Awesome
Cuckoo Filter
A high-performance, concurrent, and mutable Cuckoo Filter implemented using atomics for Erlang and Elixir.
Introduction
A Cuckoo Filter is a space-efficient probabilistic data structure for approximate set membership queries. It enables constant-time checks to determine if an element is in a set, using only a few bits per element. This efficiency comes with a trade-off: a low rate of false positives may occur, but false negatives are guaranteed not to happen.
Compared to a Bloom Filter, a Cuckoo Filter offers a more efficient use of space and supports the deletion of inserted elements. However, as the filter's load factor increases, insertion operations may become slower and could fail once the filter is nearly full.
Implementation Details
In this implementation, filter data is stored in an atomics
array, a fixed-size, mutable
array of 64-bit integers. Using atomics enables fast, concurrent access to the filter
for both reading and writing operations.
The first two integers in the atomics array act as a lock to prevent race conditions during relocatiion of elements.
The third integer acts as an atomic counter to track the number of elements in the filter.
Fingerprint Constraints
To ensure atomic updates for fingerprints, this implementation only supports fingerprint sizes of 4, 8, 16, 32, and 64 bits—allowing multiple fingerprints to fit within a single 64-bit atomic integer.
Insertion
Each element in a Cuckoo Filter can be placed in one of two possible buckets. If an empty slot is available in either bucket, it is updated atomically. However, if both buckets are full, elements need to be relocated to make room for the new one. In such cases, atomic updates for all entries are not feasible, and insertions cannot be concurrent. To manage this, a spin lock (using the first two integers in the atomics array) prevents race conditions during these operations.

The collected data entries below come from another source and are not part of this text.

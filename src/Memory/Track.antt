-- ===== src/Memory/Track.antt =====
-- The calls that are tracked: `cstructures_malloc`, `cstructures_realloc` and `cstructures_free`
-- (cstructures/src/memory.c). What `malloc` and `realloc` of the C library gave is an argument, a
-- pointer as a number, zero for null. Warnings that are printed are left out.
use cstructures.Prelude.{ℕ, Option, none, some, Exec, done, ◌>>=◌, ltb, ◌==◌, if◌then◌else◌}
use cstructures.Buffer.{Allocator}
use cstructures.HashMap.Struct.{HashMap, read_value}
use cstructures.HashMap.Find.{hashmap_erase}
use cstructures.HashMap.Insert.{hashmap_insert}
use cstructures.Memory.Struct.{
  Tracker, add64, sub64, encode64, report_info, info_bytes, allocated, deallocated, count_rehash,
}

-- `g_bytes_in_use += size`, and the peak.
abbrev pub use_bytes : Tracker → ℕ → Tracker
use_bytes m size =
    let used = add64 m.bytes_in_use size in
    record m {
      bytes_in_use = used;
      bytes_in_use_peak = if ltb m.bytes_in_use_peak used then used else m.bytes_in_use_peak;
    }

-- After `hashmap_erase (&g_report, &p)`.
unfoldable pub forget_info : Tracker → Option ℕ × HashMap → Exec Tracker
unfolding read_value
forget_info m (none, hm) = done (record m { report = hm })
forget_info m (some off, hm) = read_value hm off >>= λ info.
    done (record m { bytes_in_use = sub64 m.bytes_in_use (info_bytes info); report = hm })

unfoldable pub forget : Tracker → ℕ → Exec Tracker
unfolding hashmap_erase forget_info
forget m p = hashmap_erase m.report (encode64 p) >>= forget_info m

module _ (a : Allocator) where
  -- `Record allocation info`, where the flag is not set.
  unfoldable pub record_info : Tracker → ℕ → ℕ → Exec Tracker
  unfolding hashmap_insert count_rehash
  record_info m p size = hashmap_insert a m.report (encode64 p) (some (report_info p size)) >>= λ r.
      done (count_rehash a m.report (record (use_bytes m size) { report = r.1 }))

  unfoldable pub cstructures_malloc : Tracker → ℕ → ℕ → Exec (ℕ × Tracker)
  unfolding record_info
  cstructures_malloc m size p =
      if p == 0
      then done (0, m)
      else if m.ignore_hm_malloc
      then done (p, allocated m)
      else (record_info (allocated m) p size >>= λ m'. done (p, m'))

  -- The pointer that was passed in is `old_p`, and `p` what `realloc` gave for it.
  unfoldable pub cstructures_realloc : Tracker → ℕ → ℕ → ℕ → Exec (ℕ × Tracker)
  unfolding forget record_info
  cstructures_realloc m old_p new_size p =
      (if old_p == 0 then done (allocated m) else forget m old_p) >>= λ m₁.
      (if m₁.ignore_hm_malloc then done m₁ else record_info m₁ p new_size) >>= λ m₂. done (p, m₂)

-- The pointer that `free` of the C library is called with, if it is.
unfoldable pub cstructures_free : Tracker → ℕ → Exec (Option ℕ × Tracker)
unfolding forget
cstructures_free m p = (if m.ignore_hm_malloc then done m else forget m p) >>= λ m'.
    done (if p == 0 then (none, m') else (some p, deallocated m'))
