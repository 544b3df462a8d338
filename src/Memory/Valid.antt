-- ===== src/Memory/Valid.antt =====
-- The allocations that are live, as a list of addresses with sizes, and what it means that the
-- tracker knows them (cstructures/src/memory.c).
use cstructures.Prelude.{
  ℕ, ◌+◌, ◌≢◌, ◌⊎◌, ◌%◌, ◌^◌, ◌≤◌, ◌<◌, ◌≡◌, false, Option, none, some, List, [], ◌∷◌, length, ◌==◌,
  if◌then◌else◌,
}
use cstructures.HashMap.Struct.{HashMap}
use cstructures.HashMap.Valid.{slot_at, key_at, value_at, InUse, IsValid, Has}
use cstructures.HashMap.Proof.Room.{unused}
use cstructures.Memory.Struct.{Tracker, encode64, report_info, report_table_count}

-- The size of the live allocation at an address.
abbrev pub size_of : ℕ → List (ℕ × ℕ) → Option ℕ
size_of p [] = none
size_of p ((j, s) ∷ live) = if j == p then some s else size_of p live

abbrev pub release : ℕ → List (ℕ × ℕ) → List (ℕ × ℕ)
release p [] = []
release p ((j, s) ∷ live) = if j == p then live else (j, s) ∷ release p live

abbrev pub total : List (ℕ × ℕ) → ℕ
total [] = 0
total ((j, s) ∷ live) = s + total live

-- No address is listed twice.
abbrev pub Distinct : List (ℕ × ℕ) → Type 0
Distinct [] = Unit
Distinct ((j, s) ∷ live) = (size_of j live ≡ none) × Distinct live

-- The live allocations without the one that is reallocated.
abbrev pub without : ℕ → List (ℕ × ℕ) → List (ℕ × ℕ)
without old_p live = if old_p == 0 then live else release old_p live

abbrev pub NullOrLive : ℕ → List (ℕ × ℕ) → Type 0
NullOrLive p live = (p ≡ 0) ⊎ ((p ≢ 0) × ((s : ℕ) × (size_of p live ≡ some s)))

-- What the map has under an address.
abbrev pub Leads : HashMap → ℕ → Option ℕ → Type 0
Leads hm p none = (q : ℕ) → ¬ Has hm (encode64 p) q
Leads hm p (some s) = (q : ℕ) × Has hm (encode64 p) q × (value_at hm q ≡ report_info p s)

-- Below this number of entries, the report does not ask for a rehash.
abbrev pub report_limit : ℕ
report_limit = 2868

-- The report lists exactly the live allocations, and takes `room` addresses more: unused slots are
-- left for them, and the table is not loaded.
pub record Listed (hm : HashMap) (live : List (ℕ × ℕ)) (room : ℕ) : Type 0 where
  pub valid : IsValid hm
  pub keys : hm.key_size ≡ 8
  pub values : hm.value_size ≡ 16
  pub distinct : Distinct live
  pub bounded : (p s : ℕ) → size_of p live ≡ some s → (p < 2 ^ 64) × (s < 2 ^ 64)
  pub leads : (p : ℕ) → p < 2 ^ 64 → Leads hm p (size_of p live)
  pub only :
      (q : ℕ)
      → q < hm.table_count
      → InUse (slot_at hm q)
      → (p : ℕ) × (p < 2 ^ 64) × (key_at hm q ≡ encode64 p)
  pub counted : hm.slots_used ≡ length live
  pub table : hm.table_count ≡ report_table_count
  pub spare : room < unused hm
  pub light : length live + room ≤ report_limit

-- The tracker is on, and its counters agree with the live allocations; the storage of the report is
-- one allocation more.
pub record Tracks (m : Tracker) (live : List (ℕ × ℕ)) (room : ℕ) : Type 0 where
  pub listed : Listed m.report live room
  pub tracking : m.ignore_hm_malloc ≡ false
  pub used : m.bytes_in_use ≡ total live
  pub fits : total live < 2 ^ 64
  pub peak : m.bytes_in_use ≤ m.bytes_in_use_peak
  pub balanced : m.allocations ≡ (m.deallocations + length live + 1) % 2 ^ 64
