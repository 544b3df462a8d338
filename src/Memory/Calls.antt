-- ===== src/Memory/Calls.antt =====
-- Sequences of tracked calls, with the answers of the C library, and the live allocations after them
-- (cstructures/src/memory.c).
use cstructures.Prelude.{Bool, true}
use cstructures.Prelude.{
  ℕ, suc, ◌+◌, ◌^◌, ◌<◌, ◌≡◌, ◌≢◌, ◌⊎◌, none, some, List, [], ◌∷◌, Exec, done, ◌>>=◌, ◌==◌,
  if◌then◌else◌,
}
use cstructures.Buffer.{Allocator}
use cstructures.Memory.Struct.{Tracker, memory_init}
use cstructures.Memory.Track.{cstructures_malloc, cstructures_realloc, cstructures_free}
use cstructures.Memory.Valid.{size_of, release, total, without, NullOrLive}

-- A call with its arguments; the last one is the pointer that the C library gave.
pub data Call : Type 0 where
  malloc : ℕ → ℕ → Call
  realloc : ℕ → ℕ → ℕ → Call
  free : ℕ → Call

unfoldable pub perform : Allocator → Tracker → Call → Exec Tracker
unfolding cstructures_malloc cstructures_realloc cstructures_free
perform a m (malloc size p) = cstructures_malloc a m size p >>= λ r. done r.1
perform a m (realloc old_p new_size p) = cstructures_realloc a m old_p new_size p >>= λ r. done r.1
perform a m (free p) = cstructures_free m p >>= λ r. done r.1

unfoldable pub perform_all : Allocator → Tracker → List Call → Exec Tracker
unfolding perform
perform_all a m [] = done m
perform_all a m (call ∷ calls) = perform a m call >>= λ m'. perform_all a m' calls

-- `memory_init`, and then the calls, if it succeeded.
unfoldable pub session : Allocator → List Call → Exec (Bool × Tracker)
unfolding memory_init perform_all
session a calls =
    memory_init a >>= λ r. if r.0 then (perform_all a r.1 calls >>= λ m. done (true, m)) else done r

-- The live allocations after a call.
abbrev pub live_after : List (ℕ × ℕ) → Call → List (ℕ × ℕ)
live_after live (malloc size p) = if p == 0 then live else (p, size) ∷ live
live_after live (realloc old_p new_size p) = (p, new_size) ∷ without old_p live
live_after live (free p) = release p live

abbrev pub live_after_all : List (ℕ × ℕ) → List Call → List (ℕ × ℕ)
live_after_all live [] = live
live_after_all live (call ∷ calls) = live_after_all (live_after live call) calls

-- The pointer is not null, is not live, and its object fits beside the live ones.
abbrev Fresh : List (ℕ × ℕ) → ℕ → ℕ → Type 0
Fresh live size p = (p ≢ 0) × (p < 2 ^ 64) × (size + total live < 2 ^ 64) × (size_of p live ≡ none)

-- The caller reallocates and frees what is live, and the C library gives fresh pointers; `malloc` may
-- also give null.
abbrev pub Legal : List (ℕ × ℕ) → Call → Type 0
Legal live (malloc size p) = (p ≡ 0) ⊎ Fresh live size p
Legal live (realloc old_p new_size p) =
    NullOrLive old_p live × Fresh (without old_p live) new_size p
Legal live (free p) = (p ≢ 0) × ((s : ℕ) × (size_of p live ≡ some s))

abbrev pub AllLegal : List (ℕ × ℕ) → List Call → Type 0
AllLegal live [] = Unit
AllLegal live (call ∷ calls) = Legal live call × AllLegal (live_after live call) calls

-- The calls that may add an address to the report.
abbrev pub additions : List Call → ℕ
additions [] = 0
additions (malloc size p ∷ calls) = suc (additions calls)
additions (realloc old_p new_size p ∷ calls) = suc (additions calls)
additions (free p ∷ calls) = additions calls
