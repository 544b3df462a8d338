-- ===== src/Memory/Proof.antt =====
-- What is proved of cstructures/src/memory.c.
pub mod Ledger
pub mod Listed
pub mod Tally
pub mod Track
pub mod Runs
pub mod Leaks
pub mod Dump
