-- ===== src/Memory/Proof/Dump.antt =====
-- The dump of a leak (`mutated_string_and_hex_dump` of cstructures/src/memory.c).
use native.Mathlib.Decide.{ℕ_discrete}
use native.Mathlib.Nat.{add-zero, mod-eq_of_lt}
use cstructures.Prelude.{
  ℕ, zero, suc, ◌+◌, ◌-◌, ◌^◌, ◌≤◌, ◌<◌, ◌≡◌, refl, ◌∙◌, ap, inl, inr, Option, none, some, List, [],
  ◌∷◌, ◌++◌, map, done, ◌>>=◌, Returns, Returns->>=, Returns_mono, arith, length, get_or, tabulate,
  tabulate-get_or, tabulate-push, ◌==◌, if◌then◌else◌, Bool-cases, Option-cases,
}
use cstructures.Buffer.{memcpy, Block, Allocator, read-eq, memcpy-eq, pasted, bytes}
use cstructures.Memory.Report.{mutate_from, mutated_string_and_hex_dump}

-- A null terminator becomes a dot.
abbrev pub dotted : ℕ → ℕ
dotted c = if c == 0 then 46 else c

-- `b'` is `b` with the bytes in a range dotted.
record Mutated (b : Block) (i n : ℕ) (b' : Block) : Type 0 where
  size : b'.size ≡ b.size
  inside : (j : ℕ) → i ≤ j → j < i + n → b'.cell j ≡ dotted (b.cell j)
  outside : (j : ℕ) → i + n ≤ j → b'.cell j ≡ b.cell j
  before : (j : ℕ) → j < i → b'.cell j ≡ b.cell j

mutate_one :
    (b : Block) (i : ℕ)
    → i + 1 ≤ b.size
    → Returns (if b.cell i == 0 then memcpy b i (46 ∷ []) 1 else done b) (Mutated b i 1)
mutate_one b i fits = elim (Bool-cases (b.cell i == 0)) [
  | inl e ↦
      rw (e, memcpy-eq b i (46 ∷ []) 1 fits (omega arith))
        (record {
          size = refl;
          inside = λ j p q. let same : j ≡ i = omega arith in rw (same, e) (ground arith);
          outside = λ j p. ground arith;
          before = λ j p. ground arith;
        })
  | inr e ↦ rw e (record {
    size = refl;
    inside = λ j p q. let same : j ≡ i = omega arith in rw (same, e) refl;
    outside = λ j p. refl;
    before = λ j p. refl;
  })
]

mutate_from-Mutated :
    (left : ℕ) (b : Block) (i : ℕ)
    → i + left ≤ b.size
    → Returns (mutate_from left b i) (Mutated b i left)
unfolding mutate_from
mutate_from-Mutated zero b i fits = record {
  size = refl;
  inside = λ j p q. absurd (omega arith);
  outside = λ j p. refl;
  before = λ j p. refl;
}
mutate_from-Mutated (suc left) b i fits =
    rw (read-eq b i 1 (omega arith), ◌>>=◌, add-zero)
      (Returns->>= (if b.cell i == 0 then memcpy b i (46 ∷ []) 1 else done b) _ (Mutated b i 1) _
        (mutate_one b i (omega arith))
        (λ c m.
          Returns_mono (mutate_from left c (i + 1)) (Mutated c (i + 1) left) _
            (mutate_from-Mutated left c (i + 1) (omega (arith, m.size)))
            (λ d h. record {
              size = h.size ∙ m.size;
              inside = λ j p q. elim (ℕ_discrete j i) [
                | yes e ↦ h.before j (omega arith) ∙ m.inside j p (omega arith)
                | no ne ↦
                    h.inside j (omega arith) (omega arith) ∙ ap dotted (m.outside j (omega arith))
              ];
              outside = λ j p. h.outside j (omega arith) ∙ m.outside j (omega arith);
              before = λ j p. h.before j (omega arith) ∙ m.before j p;
            })))

tabulate-map : (n : ℕ) (f g : ℕ → ℕ) → tabulate n (λ k. f (g k)) ≡ map f (tabulate n g)
tabulate-map zero f g = refl
tabulate-map (suc n) f g = ap (λ t. f (g 0) ∷ t) (tabulate-map n f (λ k. g (suc k)))

abbrev terminator : List ℕ
terminator = 0 ∷ []

-- The bytes of the copy with its terminator, after the mutation of all but the last.
dumped :
    (cell : ℕ → ℕ) (size : ℕ) (source : List ℕ) (b : Block)
    → let n = length source in
      Mutated (record { size = size; cell = pasted (pasted cell 0 source n) n (0 ∷ []) 1 }) 0 n b
      → bytes b.cell 0 (n + 1) ≡ map dotted source ++ 0 ∷ []
dumped cell size source b m =
    let n = length source in
    tabulate-push n (n + 1) (λ k. b.cell (0 + k)) (λ k. dotted (get_or source k 0)) 0 refl low
      (ap b.cell zero_add ∙ (m.outside n (omega arith) ∙ ground (arith, last)))
    ∙ ap (λ t. t ++ 0 ∷ [])
        (tabulate-map n dotted (λ k. get_or source k 0)
          ∙ ap (map dotted) (tabulate-get_or n source 0 refl))
  where
    zero_add : 0 + length source ≡ length source
    zero_add = omega arith

    last : get_or terminator (length source - length source) 0 ≡ 0
    last =
        let same : length source - length source ≡ 0 = omega arith in
        ap (λ j. get_or terminator j 0) same

    index : (k : ℕ) → k - 0 ≡ k
    index k = omega arith

    copy :
        (k : ℕ)
        → k < length source
        → pasted (pasted cell 0 source (length source)) (length source) (0 ∷ []) 1 k
          ≡ get_or source k 0
    copy k lt = ground (arith, ap (λ j. get_or source j 0) (index k))

    low : (k : ℕ) → k < length source → b.cell (0 + k) ≡ dotted (get_or source k 0)
    low k lt =
        let e : 0 + k ≡ k = omega arith in
        ap b.cell e ∙ (m.inside k (omega arith) (omega arith) ∙ ap dotted (copy k lt))

-- What is dumped: nothing, as the allocator refused the copy; or the bytes with dots for null
-- terminators, and one terminator behind them.
abbrev pub Dumped : Allocator → List ℕ → Option (List ℕ) → Type 0
Dumped a source none = (n : ℕ) × (a.malloc n ≡ none)
Dumped a source (some text) = text ≡ map dotted source ++ 0 ∷ []

-- `mutated_string_and_hex_dump` of any bytes, whose number does not wrap, does not fault: the string
-- that it prints has every byte in its place, with a dot for a null terminator, and ends behind the
-- last; or the allocator refused the copy.
pub mutated_string_and_hex_dump-Dumped :
    (a : Allocator) (source : List ℕ)
    → length source + 1 < 2 ^ 64
    → Returns (mutated_string_and_hex_dump a source (length source)) (Dumped a source)
unfolding mutated_string_and_hex_dump
mutated_string_and_hex_dump-Dumped a source fits =
    let n = length source in
    elim (Option-cases (a.malloc (n + 1))) [
      | inl e ↦ rw (mutated_string_and_hex_dump, mod-eq_of_lt fits, e) (n + 1, e)
      | inr (b, e) ↦
          let size = a.malloc_size (n + 1) b e in
          let copied : Block = record b { cell = pasted b.cell 0 source n } in
          let ended : Block = record b { cell = pasted copied.cell n (0 ∷ []) 1 } in
          rw
            (
              mutated_string_and_hex_dump,
              mod-eq_of_lt fits,
              e,
              memcpy-eq b 0 source n (omega (arith, size)) (omega arith),
              ◌>>=◌,
              memcpy-eq copied n (0 ∷ []) 1 (omega (arith, size)) (omega arith),
            )
            (Returns->>= (mutate_from n ended 0) _ (Mutated ended 0 n) (Dumped a source)
              (mutate_from-Mutated n ended 0 (omega (arith, size)))
              (λ d m.
                rw (read-eq d 0 (n + 1) (omega (arith, size, m.size)), ◌>>=◌)
                  (dumped b.cell b.size source d m)))
    ]
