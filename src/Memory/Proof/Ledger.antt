-- ===== src/Memory/Proof/Ledger.antt =====
-- Lists of live allocations, and the bytes of pointers (cstructures/src/memory.c).
use cstructures.Prelude.{
  ℕ, ◌+◌, ◌/◌, ◌%◌, ◌^◌, ◌<◌, ◌≡◌, ◌≢◌, refl, sym, ◌∙◌, ap, none, some, List, [], ◌∷◌, arith,
  length, ◌==◌, if◌then◌else◌,
}
use cstructures.Prelude.Word.{word}
use cstructures.Buffer.{decode32-encode32}
use cstructures.Memory.Struct.{encode64, decode64, report_info, info_location, info_bytes}
use cstructures.Memory.Valid.{size_of, release, total, Distinct}

pub size_of-release :
    (j p : ℕ) (live : List (ℕ × ℕ))
    → Distinct live
    → size_of j (release p live) ≡ (if p == j then none else size_of j live)
size_of-release j p [] d = ground arith
size_of-release j p ((i, s) ∷ live) d = ground (arith, size_of-release j p live)

pub release-Distinct : (p : ℕ) (live : List (ℕ × ℕ)) → Distinct live → Distinct (release p live)
release-Distinct p [] d = d
release-Distinct p ((i, s) ∷ live) d =
    ground (arith, size_of-release i p live d.1, release-Distinct p live)

pub total-release :
    (p s : ℕ) (live : List (ℕ × ℕ))
    → size_of p live ≡ some s
    → total live ≡ s + total (release p live)
total-release p s [] e = cc
total-release p s ((i, r) ∷ live) e = ground (arith, total-release p s live)

pub length-release :
    (p s : ℕ) (live : List (ℕ × ℕ))
    → size_of p live ≡ some s
    → length live ≡ length (release p live) + 1
length-release p s [] e = cc
length-release p s ((i, r) ∷ live) e = ground (arith, length-release p s live)

pub release_absent : (p : ℕ) (live : List (ℕ × ℕ)) → size_of p live ≡ none → release p live ≡ live
release_absent p [] e = refl
release_absent p ((i, r) ∷ live) e = ground (arith, release_absent p live)

pub decode64-encode64 : (k : ℕ) → k < 2 ^ 64 → decode64 (encode64 k) ≡ k
decode64-encode64 k h =
    let low = decode32-encode32 (k % word) (omega arith) in
    let high = decode32-encode32 (k / word) (omega arith) in omega arith

pub encode64-ne : (j p : ℕ) → j < 2 ^ 64 → p < 2 ^ 64 → j ≢ p → encode64 j ≢ encode64 p
encode64-ne j p lt lt' ne e =
    ne (sym (decode64-encode64 j lt) ∙ (ap decode64 e ∙ decode64-encode64 p lt'))

pub info_location-report_info : (p s : ℕ) → p < 2 ^ 64 → info_location (report_info p s) ≡ p
info_location-report_info p s h = decode64-encode64 p h

pub info_bytes-report_info : (p s : ℕ) → s < 2 ^ 64 → info_bytes (report_info p s) ≡ s
info_bytes-report_info p s h = decode64-encode64 s h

To maintain availability for lookups during element relocation, this implementation uses an eviction cache. When relocating elements, the filter temporarily stores a sequence of evictions. Once an empty slot is identified, changes are applied in reverse order, ensuring that elements remain accessible for lookups throughout the relocation process. Unlike many traditional Cuckoo Filter implementations, where inserting a new element when the filter is full may lead to the removal of a random existing element, this eviction cache technique helps avoid such unintended removals.
The eviction cache also provides early detection of loops, helping prevent excessive evictions.
Deletion
Deletion operations also utilize a lock to avoid race conditions when elements are being relocated.
Configurations
You can customize the fingerprint size, bucket size, hash function, and the maximum number of evictions when creating a new filter.
By default, this implementation uses erlang:phash2
for hashing. If a 32bit hash is
insufficient, XXH3 hash functions are applied,
which require adding xxh3
to your project dependencies manually.
When using a custom hash function, ensure that the hash output length meets or exceeds the sum of the fingerprint and bucket sizes.
Usage
In Erlang
Filter = cuckoo_filter:new(1000),
ok = cuckoo_filter:add(Filter, 1),
true = cuckoo_filter:contains(Filter, 1),
false = cuckoo_filter:contains(Filter, 2),
ok = cuckoo_filter:delete(Filter, 1),
{error, not_found} = cuckoo_filter:delete(Filter, 1).
In Elixir
filter = :cuckoo_filter.new(1000)
:ok = :cuckoo_filter.add(filter, 1)
true = :cuckoo_filter.contains(filter, 1)
false = :cuckoo_filter.contains(filter, 2)
:ok = :cuckoo_filter.delete(filter, 1)
{:error, :not_found} = :cuckoo_filter.delete(filter, 1)
For more details, see the Hex documentation.
License
Copyright 2021, Ali Farhadi a.farhadi@gmail.com.
Licensed under the Apache License, Version 2.0 (the "License"); you may not use this file except in compliance with the License. You may obtain a copy of the License at
http://www.apache.org/licenses/LICENSE-2.0
Unless required by applicable law or agreed to in writing, software distributed under the License is distributed on an "AS IS" BASIS, WITHOUT WARRANTIES OR CONDITIONS OF ANY KIND, either express or implied. See the License for the specific language governing permissions and limitations under the License.